Par contre, je cours grand risque d'assombrir un peu l'auréole dont tous les historiens bretons, après le sénéchal de Rennes, avaient amoureusement paré le front de Gouicquet et de Mérien Chéro (dizainier des bourgeois, l'équivalent de chef de la police municipale). En tout cas , et quelles qu'en puissent être les conséquences pour la mémoire des uns et des autres, je vais , pour la première fois opposer un récit contemporain (à l'évènement), qui n'est autre chose que la déposition même de dix témoins oculaires, judiciellement formulée, au récit de d'Argentré, écrit un siècle après l'événement, et, si l'on veut, à la ballade encore plus moderne que tout le monde a lue parmi les chants bretons de M. de La Villemarqué, dont une autre version avait été recueillie par M. de Fréminville dans ses Antiquités des Côtes du Nord, et que, pour mon compte, après M. F. de Courcy, je crois être relative, non au siège de 1489, mais bien au siège de 1591.
Une pièce contemporaine à l'évènement avec témoignages
La pièce dont je veux faire état, est une enquête, édifiée du 19 au 28 septembre 1492, sur les diverses circonstances du siège de Guingamp, par devant Jéhan de La Regnerays et Thomas le Haulever, commis à cette fin par la Chancellerie et Conseil du roi en Bretagne. Il est aisé de voir, par la direction que suivent les témoignages, que cette enquête fait partie d'une procédure nécessitée par le refus de quelques bourgeois de Guingamp de contribuer au remboursement des dix mille écus payés au vicomté de Rohan.

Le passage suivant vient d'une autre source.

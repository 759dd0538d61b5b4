-- ===== src/ConnectionManager/Settling.antt =====
-- The connection that resolves who waits for it, the timer that rejects, and every run of calls.
use orpal.Base.{
  ℕ, String, List, [], ◌∷◌, ◌++◌, Option, none, some, ◌≡◌, refl, ap, if◌then◌else◌, inl, inr,
  Bool-cases, Option-cases, arith, eq_iff, eq_refl,
}
use orpal.Dict
use orpal.Dict.Laws.{get-set, get-delete}
use orpal.NumberMap
use orpal.ConnectionManager.{
  Manager, waiters_of, resolve_connect_waiters, call_waiters, waiter_called, timed_out,
  remove_connect_waiter, discard, emit, is_connected, ContactConn, state_changed, down, rejected,
  resolved,
}
use orpal.ConnectionManager.Promises.{
  Keeps-refl, IsSound, settlements-append, Settles, Settles-IsSound, Keeps, Keeps-IsSound,
}

waiters_none : (w : Option (List ℕ)) (n : ℕ) → waiters_of w ≡ n ∷ [] → w ≡ some (n ∷ [])
waiters_none none n h = cc
waiters_none (some set) n h = ap some h

-- The contact's waiters, once they are called.
unfoldable pub resolved_manager : String → ContactConn → ℕ → Manager → Manager
resolved_manager key conn n m = record m {
  connect_waiters = Dict.delete key m.connect_waiters;
  pending_connects = Dict.delete key m.pending_connects;
  timers = NumberMap.delete n m.timers;
  events = m.events ++ (resolved n conn ∷ []);
}

waiter_called-alone :
    (key : String) (conn : ContactConn) (n : ℕ) (m : Manager)
    → waiter_called key conn n (record m { connect_waiters = Dict.delete key m.connect_waiters })
      ≡ resolved_manager key conn n m
unfolding waiter_called resolved_manager
waiter_called-alone key conn n m =
    rw (remove_connect_waiter, get-delete key key m.connect_waiters, eq_refl key) refl

pub resolve-pending :
    (key : String) (conn : ContactConn) (n : ℕ) (m : Manager)
    → IsSound m
    → Dict.get key m.pending_connects ≡ some n
    → resolve_connect_waiters key conn m ≡ resolved_manager key conn n m
unfolding resolve_connect_waiters call_waiters
resolve-pending key conn n m s h =
    let alone = waiters_none (Dict.get key m.connect_waiters) n (rw h at (s.linked key)) in
    rw (resolve_connect_waiters, alone) (waiter_called-alone key conn n m)

resolved-Settles :
    (key : String) (conn : ContactConn) (n : ℕ) (m : Manager)
    → Settles key n m (resolved_manager key conn n m)
unfolding resolved_manager
resolved-Settles key conn n m = record {
  own = rw (get-delete key key m.connect_waiters, eq_refl key) refl;
  others = λ k apart. rw (get-delete key k m.connect_waiters, apart) refl;
  pending = refl;
  timers = refl;
  next = refl;
  once = λ j. settlements-append j m.events (resolved n conn);
}

resolve-idle :
    (key : String) (conn : ContactConn) (m : Manager)
    → IsSound m
    → Dict.get key m.pending_connects ≡ none
    → Keeps m (resolve_connect_waiters key conn m)
unfolding resolve_connect_waiters
resolve-idle key conn m s h = elim (Option-cases (Dict.get key m.connect_waiters)) [
  | inl absent ↦ rw (absent, resolve_connect_waiters) (Keeps-refl m)
  | inr (set, found) ↦
      let empty : set ≡ [] = rw (h, found) at (s.linked key) in
      rw (found, empty, resolve_connect_waiters, call_waiters)
        (record {
          waiters =
              λ k. ground (arith, get-delete key k m.connect_waiters, eq_iff key k, found, empty);
          pending = refl;
          timers = refl;
          next = refl;
          settlements_kept = λ n. refl;
        })
]

pub resolve-IsSound :
    (key : String) (conn : ContactConn) (m : Manager)
    → IsSound m
    → IsSound (resolve_connect_waiters key conn m)
resolve-IsSound key conn m s = elim (Option-cases (Dict.get key m.pending_connects)) [
  | inl idle ↦ Keeps-IsSound (resolve-idle key conn m s idle) s
  | inr (n, waiting) ↦
      rw (resolve-pending key conn n m s waiting)
        (Settles-IsSound key n m _ (resolved-Settles key conn n m) s (s.timed key n waiting))
]

-- The promise's contact, once its timer has fired.
unfoldable pub rejected_manager : String → ℕ → Manager → Manager
unfolding emit
rejected_manager key n m =
    let dropped = record m {
      timers = NumberMap.delete n m.timers;
      connect_waiters = Dict.set key [] m.connect_waiters;
      pending_connects = Dict.delete key m.pending_connects;
    } in
    emit (rejected n key) (
      if is_connected (Dict.get key m.connections)
      then dropped
      else emit (state_changed key down) dropped)

remove-alone :
    (key : String) (n : ℕ) (m : Manager)
    → Dict.get key m.connect_waiters ≡ some (n ∷ [])
    → remove_connect_waiter key n m
      ≡ record m { connect_waiters = Dict.set key [] m.connect_waiters }
unfolding remove_connect_waiter discard
remove-alone key n m h = rw (remove_connect_waiter, h, discard) (ground arith)

pub timed_out-armed :
    (key : String) (n : ℕ) (m : Manager)
    → IsSound m
    → NumberMap.get n m.timers ≡ some key
    → timed_out n m ≡ rejected_manager key n m
unfolding timed_out rejected_manager
timed_out-armed key n m s h =
    let alone =
      waiters_none (Dict.get key m.connect_waiters) n (rw (s.pended n key h) at (s.linked key)) in
    rw (timed_out, h, remove-alone key n (record m { timers = NumberMap.delete n m.timers }) alone)
      refl

rejected-Settles : (key : String) (n : ℕ) (m : Manager) → Settles key n m (rejected_manager key n m)
unfolding rejected_manager
rejected-Settles key n m = elim (Bool-cases (is_connected (Dict.get key m.connections))) [
  | inl up ↦ rw (up) (record {
    own = rw (get-set key key [] m.connect_waiters, eq_refl key) refl;
    others = λ k apart. rw (get-set key k [] m.connect_waiters, apart) refl;
    pending = refl;
    timers = refl;
    next = refl;
    once = λ j. settlements-append j m.events (rejected n key);
  })
  | inr lost ↦ rw (lost) (record {
    own = rw (get-set key key [] m.connect_waiters, eq_refl key) refl;
    others = λ k apart. rw (get-set key k [] m.connect_waiters, apart) refl;
    pending = refl;
    timers = refl;
    next = refl;
    once = λ j. omega (arith, settlements-append);
  })
]

pub timed_out-IsSound : (n : ℕ) (m : Manager) → IsSound m → IsSound (timed_out n m)
unfolding timed_out
timed_out-IsSound n m s = elim (Option-cases (NumberMap.get n m.timers)) [
  | inl disarmed ↦ rw (disarmed, timed_out) s
  | inr (key, armed) ↦
      rw (timed_out-armed key n m s armed)
        (Settles-IsSound key n m _ (rejected-Settles key n m) s armed)
]
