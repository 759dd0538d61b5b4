-- ===== src/ConnectionManager/Runs.antt =====
-- Every run of calls of the manager.
use orpal.Base.{
  ℕ, refl, String, [], ◌∷◌, List, none, some, Option, ◌≡◌, inl, inr, Bool-cases, Option-cases,
  arith, ◌==◌,
}
use orpal.Dict
use orpal.Dict.{Dict}
use orpal.NumberMap
use orpal.ConnectionManager.Promises.{
  IsSound, Keeps, Keeps-refl, Keeps-trans, Keeps-IsSound, settles, settlements-append,
}
use orpal.ConnectionManager.Starting.{ensure_connection-IsSound}
use orpal.ConnectionManager.Settling.{resolve-IsSound, timed_out-IsSound}
use orpal.ConnectionManager.{
  Manager, Event, ContactConn, state_changed, endpoint_closed, connected, down, new_manager, emit,
  ensure_connection, resolve_connect_waiters, timed_out, set_connection, record_match,
  store_endpoint, handle_endpoint_state, endpoint_state, is_lost, drop_connection, close_endpoint,
  close_endpoints, close_all,
}

-- A connection that comes up, the way the client wires it.
unfoldable pub connection_made : String → ContactConn → Manager → Manager
connection_made key conn m =
    resolve_connect_waiters key conn
      (emit (state_changed key connected) (set_connection key conn m))

pub data Call : Type 0 where
  ensures drops : (contact_key : String) → Call
  connects : (contact_key : String) → ContactConn → Call
  times_out : (promise : ℕ) → Call
  records : (match_key counterparty_key : String) → Call
  stores : (match_key : String) (endpoint : ℕ) → Call
  endpoint_reports : (match_key state : String) → Call
  closes_all : Call

unfoldable pub call : Call → Manager → Manager
unfolding connection_made
call (ensures key) m = (ensure_connection key m).1
call (drops key) m = drop_connection key m
call (connects key conn) m = connection_made key conn m
call (times_out n) m = timed_out n m
call (records match_key key) m = record_match match_key key m
call (stores match_key e) m = store_endpoint match_key e m
call (endpoint_reports match_key state) m = handle_endpoint_state match_key state m
call closes_all m = close_all m

unfoldable pub run : List Call → Manager → Manager
run [] m = m
run (c ∷ cs) m = run cs (call c m)

pub emit-Keeps : (e : Event) (m : Manager) → ((n : ℕ) → settles n e ≡ 0) → Keeps m (emit e m)
unfolding emit
emit-Keeps e m silent = record {
  waiters = λ k. refl;
  pending = refl;
  timers = refl;
  next = refl;
  settlements_kept = λ n. omega (arith, settlements-append, silent n);
}

close_endpoint-Keeps : (e : Option ℕ) (m : Manager) → Keeps m (close_endpoint e m)
close_endpoint-Keeps none m = Keeps-refl m
close_endpoint-Keeps (some e) m = emit-Keeps (endpoint_closed e) m (λ n. refl)

close_endpoints-Keeps : (conns : List ContactConn) (m : Manager) → Keeps m (close_endpoints conns m)
unfolding close_endpoints
close_endpoints-Keeps [] m = Keeps-refl m
close_endpoints-Keeps (conn ∷ conns) m =
    Keeps-trans (close_endpoint-Keeps conn.endpoint m) (close_endpoints-Keeps conns _)

-- Only the connections change.
pub connections-Keeps :
    (c : Dict ContactConn) (m : Manager) → Keeps m (record m { connections = c })
connections-Keeps c m = record {
  waiters = λ k. refl;
  pending = refl;
  timers = refl;
  next = refl;
  settlements_kept = λ n. refl;
}

drop_connection-Keeps : (key : String) (m : Manager) → Keeps m (drop_connection key m)
unfolding drop_connection
drop_connection-Keeps key m = elim (Option-cases (Dict.get key m.connections)) [
  | inl absent ↦ rw (absent, drop_connection) (Keeps-refl m)
  | inr (conn, found) ↦
      rw (found, drop_connection)
        (Keeps-trans (close_endpoint-Keeps conn.endpoint m) (connections-Keeps _ _))
]

endpoint_state-Keeps :
    (state key : String) (conn : ContactConn) (m : Manager)
    → Keeps m (endpoint_state state key conn m)
unfolding endpoint_state
endpoint_state-Keeps state key conn m = elim (Bool-cases (state == "connected")) [
  | inl up ↦ rw (up) (emit-Keeps (state_changed key connected) m (λ n. refl))
  | inr other ↦ elim (Bool-cases (is_lost state)) [
    | inl lost ↦
        rw (other, lost)
          (Keeps-trans
            (connections-Keeps (Dict.set key (record conn { state = down }) m.connections) m)
            (emit-Keeps (state_changed key down) _ (λ n. refl)))
    | inr calm ↦ rw (other, calm) (Keeps-refl m)
  ]
]

handle_endpoint_state-Keeps :
    (match_key state : String) (m : Manager) → Keeps m (handle_endpoint_state match_key state m)
unfolding handle_endpoint_state
handle_endpoint_state-Keeps match_key state m =
    elim (Option-cases (Dict.get match_key m.match_to_counterparty)) [
      | inl absent ↦ rw (absent, handle_endpoint_state) (Keeps-refl m)
      | inr (key, found) ↦ elim (Bool-cases (key == "")) [
        | inl nobody ↦ rw (found, nobody, handle_endpoint_state) (Keeps-refl m)
        | inr named ↦ elim (Option-cases (Dict.get key m.connections)) [
          | inl absent ↦ rw (found, named, absent, handle_endpoint_state) (Keeps-refl m)
          | inr (conn, present) ↦ elim (Bool-cases (conn.match_key == match_key)) [
            | inl current ↦
                rw (found, named, present, current, handle_endpoint_state)
                  (endpoint_state-Keeps state key conn m)
            | inr stale ↦ rw (found, named, present, stale, handle_endpoint_state) (Keeps-refl m)
          ]
        ]
      ]
    ]

pub call-IsSound : (c : Call) (m : Manager) → IsSound m → IsSound (call c m)
unfolding call
call-IsSound (ensures key) m s = ensure_connection-IsSound key m s
call-IsSound (drops key) m s = Keeps-IsSound (drop_connection-Keeps key m) s
call-IsSound (connects key conn) m s =
    unfold connection_made set_connection in
    resolve-IsSound key conn _ (
      Keeps-IsSound
        (Keeps-trans (connections-Keeps (Dict.set key conn m.connections) m)
          (emit-Keeps (state_changed key connected) _ (λ n. refl)))
        s)
call-IsSound (times_out n) m s = timed_out-IsSound n m s
call-IsSound (records match_key key) m s =
    unfold record_match in
    record { linked = s.linked; timed = s.timed; pended = s.pended; settled = s.settled }
call-IsSound (stores match_key e) m s =
    unfold store_endpoint in
    record { linked = s.linked; timed = s.timed; pended = s.pended; settled = s.settled }
call-IsSound (endpoint_reports match_key state) m s =
    Keeps-IsSound (handle_endpoint_state-Keeps match_key state m) s
call-IsSound closes_all m s =
    unfold close_all in
    Keeps-IsSound
      (Keeps-trans (close_endpoints-Keeps (Dict.values m.connections) m) (connections-Keeps _ _)) s

new_manager-IsSound : IsSound new_manager
unfolding new_manager Dict.get NumberMap.get
new_manager-IsSound = record {
  linked = λ k. refl;
  timed = λ k n h. cc;
  pended = λ n k h. cc;
  settled = λ n. ground arith;
}

run_from-IsSound : (cs : List Call) (m : Manager) → IsSound m → IsSound (run cs m)
unfolding run
run_from-IsSound [] m s = s
run_from-IsSound (c ∷ cs) m s = run_from-IsSound cs (call c m) (call-IsSound c m s)

-- After any calls of a new manager: a contact's waiters are those of its one pending promise, a
-- promise has its timer exactly as long as it is that of its contact, and every promise that was
-- handed out either has its timer or has been settled, once.
pub run-IsSound : (cs : List Call) → IsSound (run cs new_manager)
run-IsSound cs = run_from-IsSound cs new_manager new_manager-IsSound
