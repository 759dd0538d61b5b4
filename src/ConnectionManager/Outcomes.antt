-- ===== src/ConnectionManager/Outcomes.antt =====
-- What a connection that comes up does to who waits for it, and what a timer does.
use orpal.Base.{
  ℕ, refl, ◌∙◌, String, [], ◌∷◌, ◌++◌, List, none, some, ◌≡◌, inl, inr, Bool-cases, arith,
  if◌then◌else◌, eq_refl,
}
use orpal.Dict
use orpal.Dict.{Dict}
use orpal.Dict.Laws.{get-set, get-delete}
use orpal.NumberMap
use orpal.NumberMap.Laws as NumberLaws
use orpal.ConnectionManager.Promises.{IsSound, Keeps-trans, Keeps-IsSound}
use orpal.ConnectionManager.Settling.{
  resolve-pending, resolved_manager, timed_out-armed, rejected_manager,
}
use orpal.ConnectionManager.{
  resolved, rejected, Manager, ContactConn, state_changed, connected, down, new_manager, emit,
  set_connection, is_connected,
}
use orpal.ConnectionManager.Runs.{
  Call, connects, times_out, call, connection_made, run, run-IsSound, connections-Keeps, emit-Keeps,
}

-- The manager with the connection, before the waiters are called.
wired : String → ContactConn → Manager → Manager
wired key conn m = emit (state_changed key connected) (set_connection key conn m)

wired-IsSound :
    (key : String) (conn : ContactConn) (m : Manager) → IsSound m → IsSound (wired key conn m)
unfolding wired set_connection
wired-IsSound key conn m s =
    Keeps-IsSound
      (Keeps-trans (connections-Keeps (Dict.set key conn m.connections) m)
        (emit-Keeps (state_changed key connected) _ (λ n. refl)))
      s

connects-resolved :
    (key : String) (conn : ContactConn) (n : ℕ) (m : Manager)
    → IsSound m
    → Dict.get key m.pending_connects ≡ some n
    → call (connects key conn) m ≡ resolved_manager key conn n (wired key conn m)
unfolding call connection_made wired
connects-resolved key conn n m s h =
    resolve-pending key conn n (wired key conn m) (wired-IsSound key conn m s)
      (unfold wired emit set_connection in h)

resolved_view :
    (key : String) (conn : ContactConn) (n : ℕ) (m : Manager)
    → let after = resolved_manager key conn n (wired key conn m) in
      (after.events ≡ (m.events ++ (state_changed key connected ∷ [])) ++ (resolved n conn ∷ []))
      × (Dict.get key after.pending_connects ≡ none)
      × (NumberMap.get n after.timers ≡ none)
      × (Dict.get key after.connections ≡ some conn)
unfolding resolved_manager wired emit set_connection
resolved_view key conn n m = (
  refl,
  rw (get-delete key key m.pending_connects, eq_refl key) refl,
  NumberLaws.get-delete n n m.timers ∙ ground arith,
  rw (get-set key key conn m.connections, eq_refl key) refl,
)

-- After any calls, a connection that comes up resolves the pending promise of its contact with that
-- connection, and settles no other; then no promise of the contact is pending, its timer is gone, and
-- the connection is the contact's.
pub connects-resolves :
    (cs : List Call) (key : String) (conn : ContactConn) (n : ℕ)
    → Dict.get key (run cs new_manager).pending_connects ≡ some n
    → let after = call (connects key conn) (run cs new_manager) in
      (after.events
        ≡ ((run cs new_manager).events ++ (state_changed key connected ∷ []))
          ++ (resolved n conn ∷ []))
      × (Dict.get key after.pending_connects ≡ none)
      × (NumberMap.get n after.timers ≡ none)
      × (Dict.get key after.connections ≡ some conn)
connects-resolves cs key conn n h =
    rw (connects-resolved key conn n (run cs new_manager) (run-IsSound cs) h)
      (resolved_view key conn n (run cs new_manager))

rejected_view :
    (key : String) (n : ℕ) (m : Manager)
    → let after = rejected_manager key n m in
      (after.events
        ≡ (if is_connected (Dict.get key m.connections)
            then m.events
            else m.events ++ (state_changed key down ∷ []))
          ++ (rejected n key ∷ []))
      × (Dict.get key after.pending_connects ≡ none)
      × (NumberMap.get n after.timers ≡ none)
      × (after.connections ≡ m.connections)
unfolding rejected_manager emit
rejected_view key n m =
    let gone : Dict.get key (Dict.delete key m.pending_connects) ≡ none =
      rw (get-delete key key m.pending_connects, eq_refl key) refl in
    let disarmed : NumberMap.get n (NumberMap.delete n m.timers) ≡ none =
      NumberLaws.get-delete n n m.timers ∙ ground arith in
    elim (Bool-cases (is_connected (Dict.get key m.connections))) [
      | inl up ↦ rw (up) (refl, gone, disarmed, refl)
      | inr lost ↦ rw (lost) (refl, gone, disarmed, refl)
    ]

-- After any calls, the timer of a promise that a contact still waits for rejects the promise and
-- settles no other, reports the contact as down unless it is connected, and leaves no promise of the
-- contact pending and every connection as it is.
pub times_out-rejects :
    (cs : List Call) (key : String) (n : ℕ)
    → Dict.get key (run cs new_manager).pending_connects ≡ some n
    → let before = run cs new_manager in
      let after = call (times_out n) before in
      (after.events
        ≡ (if is_connected (Dict.get key before.connections)
            then before.events
            else before.events ++ (state_changed key down ∷ []))
          ++ (rejected n key ∷ []))
      × (Dict.get key after.pending_connects ≡ none)
      × (NumberMap.get n after.timers ≡ none)
      × (after.connections ≡ before.connections)
unfolding call
times_out-rejects cs key n h =
    let s = run-IsSound cs in
    rw (timed_out-armed key n (run cs new_manager) s (s.timed key n h))
      (rejected_view key n (run cs new_manager))
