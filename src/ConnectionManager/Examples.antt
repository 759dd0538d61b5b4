-- ===== src/ConnectionManager/Examples.antt =====
-- One contact that is asked for twice, and comes up before the timer.
use orpal.Base.{if◌then◌else◌, true, [], ◌∷◌, ◌++◌, List, none, some, ◌≡◌, refl}
use orpal.Dict
use orpal.NumberMap
use orpal.ConnectionManager.{
  record_match, set_connection, resolve_connect_waiters, handle_endpoint_state, ensure_connection,
  ContactConn, connected, down, new_manager, state_changed, resolved, rejected, contact_state,
  is_connected,
}
use orpal.ConnectionManager.Promises.{IsSound}
use orpal.ConnectionManager.Runs.{
  Call, ensures, connects, times_out, records, endpoint_reports, run, call, run-IsSound,
}
use orpal.ConnectionManager.Outcomes.{connects-resolves, times_out-rejects}

abbrev conn : ContactConn
conn = record {
  contact_key = "bob";
  match_key = "b1 m1";
  board_id = "b1";
  channel = 7;
  endpoint = some 4;
  state = connected;
  receives_files = true;
}

abbrev asked : List Call
asked = ensures "bob" ∷ ensures "bob" ∷ ensures "carol" ∷ []

waiting : Dict.get "bob" (run asked new_manager).pending_connects ≡ some 0
unfolding run Dict.get call ensure_connection new_manager Dict.set
waiting = refl

run-IsSound_example :
    IsSound (run (asked ++ (connects "bob" conn ∷ times_out 0 ∷ times_out 1 ∷ [])) new_manager)
run-IsSound_example = run-IsSound (asked ++ (connects "bob" conn ∷ times_out 0 ∷ times_out 1 ∷ []))

connects-resolves_example :
    let after = call (connects "bob" conn) (run asked new_manager) in
    (after.events
      ≡ ((run asked new_manager).events ++ (state_changed "bob" connected ∷ []))
        ++ (resolved 0 conn ∷ []))
    × (Dict.get "bob" after.pending_connects ≡ none)
    × (NumberMap.get 0 after.timers ≡ none)
    × (Dict.get "bob" after.connections ≡ some conn)
connects-resolves_example = connects-resolves asked "bob" conn 0 waiting

times_out-rejects_example :
    let before = run asked new_manager in
    let after = call (times_out 0) before in
    (after.events
      ≡ (if is_connected (Dict.get "bob" before.connections)
          then before.events
          else before.events ++ (state_changed "bob" down ∷ []))
        ++ (rejected 0 "bob" ∷ []))
    × (Dict.get "bob" after.pending_connects ≡ none)
    × (NumberMap.get 0 after.timers ≡ none)
    × (after.connections ≡ before.connections)
times_out-rejects_example = times_out-rejects asked "bob" 0 waiting

-- The endpoint of an earlier match says nothing about the connection.
stale :
    contact_state "bob" (
      run
        (records "b1 m1" "bob"
          ∷ records "b1 m0" "bob"
          ∷ connects "bob" conn
          ∷ endpoint_reports "b1 m0" "closed"
          ∷ [])
        new_manager)
    ≡ connected
unfolding run contact_state Dict.get call handle_endpoint_state resolve_connect_waiters
    set_connection record_match new_manager Dict.set
stale = refl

Les principaux motifs des récalcitrants étaient que la capitulation s'était faite absolument en dehors des bourgeois, qui n'avaient pas été consultés, qui n'avaient même pas été réunis à " son de campane " au lien ordinaire des délibérations municipales, la chapelle Saint Jacques, en l'église Notre Dame. En second lieu, que cette capitulation avait été de nul profit pour eux puisque les Français entrés dans la ville avaient tout mis au pillage comme dans une place prise d'assaut. J'allais oublier de dire que les témoins sont des mieux choisis pour être bien informés ce sont trois ou quatre hommes d'armes de la compagnie de Guillaume de Boisboessel; c'est le domestique de Mérien Chéro, dizainier des bourgeois, lequel domestique, nommé Thebault Trevault, remplaça son maître malade pendant toute la durée du siège, ce qui ne laisse pas de nuire un peu à la gloire de Chéro; ce sont deux prêtres, dont un vicaire de Notre Dame; c'est un serviteur du sénéchal de Guingamp; c'est, enfin, le procureur des bourgeois lui-même. Aucun de ces témoignages ne contredit les autres. (…)
La bataille
Depuis plusieurs jours, une semaine au moins on savait que l'armée Française marchait sur Guingamp pour en faire le siége, quand un dimanche du mois de janvier 1489, on put voir, de la motte du Château, une partie de l'armée royale rangée en bataille en une lande, assez près de la ville. Guillaume de Boisboessel, qui était lieutenant de la compagnie de gens de guerre d'Olivier de Coëtmen reçut de ce dernier, alors absent, une lettre par laquelle M. de Coëtmen commandait à la garnison, aux milices et aux bourgeois, de tenir bon et de résister aux attaques des Français, leur promettant du secours avant le mardi suivant. Boisboessel communiqua cette lettre aux gens de guerre de sa compagnie, à Jean de Boisgeslin, capitaine des francs-archers de Tréguier, aux gentilshommes de la campagne qui s'étaient réfugiés dans la ville, et aux bourgeois: tous, d'un commun accord, s'engagèrent à suivre les ordres du gouverneur. Le lundi malin, le siège commença M. de Rohan s'alla loger aux Cordeliers. Les Français donnèrent l'assaut, mais ils furent vigoureusement repoussés.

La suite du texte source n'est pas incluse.